C'è un'abitazione, e vi vengo condotto. Il proprietario è Umberto Palazzo, è lui che tutti gli anni, insieme con Jolanda Martini di Verona, organizza questo po' po' di mostra, all'aperto e al chiuso, la quale quest'anno è giunta alla sua XV edizione, e della quale il noto e informatissimo critico d'arte che mi ritrovo ad essere stato, non ha mai avuto sentore. Intervisto l'organizzatrice, dalla quale apprendo che ogni anno, con patrocinio concreto del Comune, vengono invitati pittori e scultori ed operatori italiani e stranieri, i quali allestiscono installazioni e organizzano rappresentazioni per la durata di tre giorni, l'ultimo venerdì di giugno sino alla domenica. Le chiedo di trasmettere qualche fotografia al mio giornale, e ne ricevo assicurazione. Intervisto poi il proprietario, che mi informa sull'origine della rassegna, denominata "Pilastro Art Farm", iniziata a cavallo del millennio nell'occasione dell'incontro con allestitori austriaci. Anche al signor Palazzo chiedo l'invio di foto, ma interviene la gentile Martini che m'interrompe: delle foto, dice , m'occupo già io.

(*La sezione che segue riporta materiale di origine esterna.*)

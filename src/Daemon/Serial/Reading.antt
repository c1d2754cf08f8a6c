-- ===== src/Daemon/Serial/Reading.antt =====
-- How reading an acknowledgement ends on a device that answers.
use devagent.Base.{
  ℕ, zero, suc, ◌-◌, ◌≤◌, ◌≡◌, inl, inr, refl, sym, ap, List, [], ◌∷◌, ◌++◌, arith, leb, Bool-cases,
  length, take, drop, ok, append-nil, length-append, append_assoc, take-append_short,
  drop-append_short, take-append_long, drop-append_long,
}
use devagent.Protocol.Urpc.{UrpcAck, header_ack, encode_ack, decode_ack, crc8}
use devagent.Protocol.Urpc.Ack.{decode_ack_iff}
use devagent.Daemon.Serial.{
  bytes, Port, Outcome, done, read_loop, from_header, first_five, decode_outcome, complete_ack,
  read_urpc_ack,
}

-- The reads return these parts, one each.
abbrev pub in_parts : List (List ℕ) → Port
in_parts [] = []
in_parts (part ∷ parts) = bytes part ∷ in_parts parts

abbrev pub joined : List (List ℕ) → List ℕ
joined [] = []
joined (part ∷ parts) = part ++ joined parts

-- The reads of the port go on with this stream, in some parts.
pub record Streams (stream : List ℕ) (port : Port) : Type 0 where
  pub parts : List (List ℕ)
  pub same_port : port ≡ in_parts parts
  pub same_stream : joined parts ≡ stream

-- What a read gives, and what the port goes on with.
abbrev pub Gives {ℓ} : {A : Type ℓ} → Outcome A × Port → A → List ℕ → Type ℓ
Gives read value stream = (read.0 ≡ done value) × Streams stream read.1

read_loop-in_parts :
    (parts : List (List ℕ)) (r : ℕ) (buf : List ℕ)
    → r ≤ length (joined parts)
    → Gives
        (read_loop r buf (in_parts parts))
        (buf ++ take r (joined parts))
        (drop r (joined parts))
unfolding read_loop
read_loop-in_parts parts zero buf h =
    (ap done (sym (append-nil buf)), record { parts = parts; same_port = refl; same_stream = refl })
read_loop-in_parts [] (suc r) buf h = absurd (omega arith)
read_loop-in_parts (part ∷ parts) (suc r) buf h = elim (Bool-cases (leb (length part) (suc r))) [
  | inl short ↦
      let fits : length part ≤ suc r = ground arith in
      let enough : suc r - length part ≤ length (joined parts) =
        omega (arith, length-append part (joined parts)) in
      rw
        (
          short,
          take-append_short (suc r) part (joined parts) fits,
          drop-append_short (suc r) part (joined parts) fits,
          ← append_assoc buf part (take (suc r - length part) (joined parts)),
        )
        (read_loop-in_parts parts (suc r - length part) (buf ++ part) enough)
  | inr long ↦
      let inside : suc r ≤ length part = ground arith in
      rw
        (
          long,
          take-append_long (suc r) part (joined parts) inside,
          drop-append_long (suc r) part (joined parts) inside,
        )
        (refl, record { parts = drop (suc r) part ∷ parts; same_port = refl; same_stream = refl })
]

complete_ack-frame :
    (a b c d : ℕ) (ack : UrpcAck) (port : Port)
    → decode_ack (header_ack ∷ a ∷ b ∷ c ∷ d ∷ []) ≡ ok ack
    → complete_ack (header_ack ∷ a ∷ b ∷ c ∷ d ∷ []) port ≡ (done ack, port)
unfolding complete_ack from_header first_five decode_outcome
complete_ack-frame a b c d ack port decoded =
    rw (complete_ack, from_header, first_five, decode_outcome, decoded) refl

complete_ack-encode_ack :
    (ack : UrpcAck) (port : Port) → complete_ack (encode_ack ack) port ≡ (done ack, port)
unfolding encode_ack
complete_ack-encode_ack ack port =
    complete_ack-frame ack.seq ack.status ack.queue_depth
      (crc8 (ack.seq ∷ ack.status ∷ ack.queue_depth ∷ [])) ack port
      ((decode_ack_iff (encode_ack ack) ack refl).1 refl)

-- An acknowledgement is read whole however the port cuts it into reads, empty reads included: if the
-- stream starts with its encoding, `readURPCAck` returns it, and the port goes on with what follows.
pub read_urpc_ack-in_parts :
    (ack : UrpcAck) (parts : List (List ℕ)) (more : List ℕ)
    → joined parts ≡ encode_ack ack ++ more
    → Gives (read_urpc_ack (in_parts parts)) ack more
unfolding read_urpc_ack
read_urpc_ack-in_parts ack parts more stream =
    let five : length (encode_ack ack) ≡ 5 = unfold encode_ack in refl in
    let enough : 5 ≤ length (joined parts) =
      rw (stream) (omega (arith, five, length-append (encode_ack ack) more)) in
    let (read, streams) = read_loop-in_parts parts 5 [] enough in
    let frame : take 5 (joined parts) ≡ encode_ack ack = rw (stream) (unfold encode_ack in refl) in
    let left : drop 5 (joined parts) ≡ more = rw (stream) (unfold encode_ack in refl) in
    (
      rw
          (
            read_urpc_ack,
            read,
            frame,
            complete_ack-encode_ack ack (read_loop 5 [] (in_parts parts)).1,
          )
          refl,
      rw
          (
            read_urpc_ack,
            read,
            frame,
            complete_ack-encode_ack ack (read_loop 5 [] (in_parts parts)).1,
            ← left,
          )
          streams,
    )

Nel salone, proprio soli non siamo: ci sono alcune persone, fra cui una coppia di anziani che immagino siano abitanti del luogo. Qualcuno stende una grande tovaglia su un grande tavolo, ma non è una cena che viene approntata (le pappe verranno dopo, e raffinate): con mio stupore e meraviglia che non ho parole per descrivere, i due anziani che ho creduto indigeni prendono a recitare in linguaggio dadà. Sono testi di Hugo Ball, Tristan Tzara e di una a me incognita Enrica Piubellini. Oltre tutto, del dadaismo, sorto in Zurich nel 1916, quest'anno ricorre il centenario. Dal dadaismo al futurismo il passo è breve, e quando l'uomo cita le parolibere non mi trattengo dall'intervenire ricordando come in Verona viveva, insieme con Renato Righetti (detto Di Bosso dal Marinetti) e Piero Anselmi, il cagliaritano Bruno Aschieri, che al mio studio di relazioni pubbliche dedicò appunto una parolibera. Tutti mi furono amici, mi frequentavano, ed io uno ad uno li intervistai per "l'Arena".

Terminata la recita, intervisto i due attori. Si chiamano Carla Bertòla e Alberto Vitacchio, sono di Torino, dal 1978 pubblicano la rivista multimediale d'arte, poesia e cultura "Offerta speciale", dei cui ultimi numeri mi fanno omaggio. Sono le 23.25 quando ripartiamo: questa volta la strada giusta è nota, e a mezzanotte e dieci io sono a casa. Ho dimenticato su quel tavolo il grande manifesto della manifestazione, edizione 2016, procuratomi dalle mie amiche, dal quale avrei potuto forse trarre ulteriori notizie: ma fin che la memoria è fresca e l'entusiasmo vivo, trascorro la notte scrivendo la cronaca della serata. Non lo trasmetto, però: aspetto le foto. Sino a che non mi stanco d'aspettare e decido di contentarmi di quanto ho prelevato e di quanto mi è stato donato.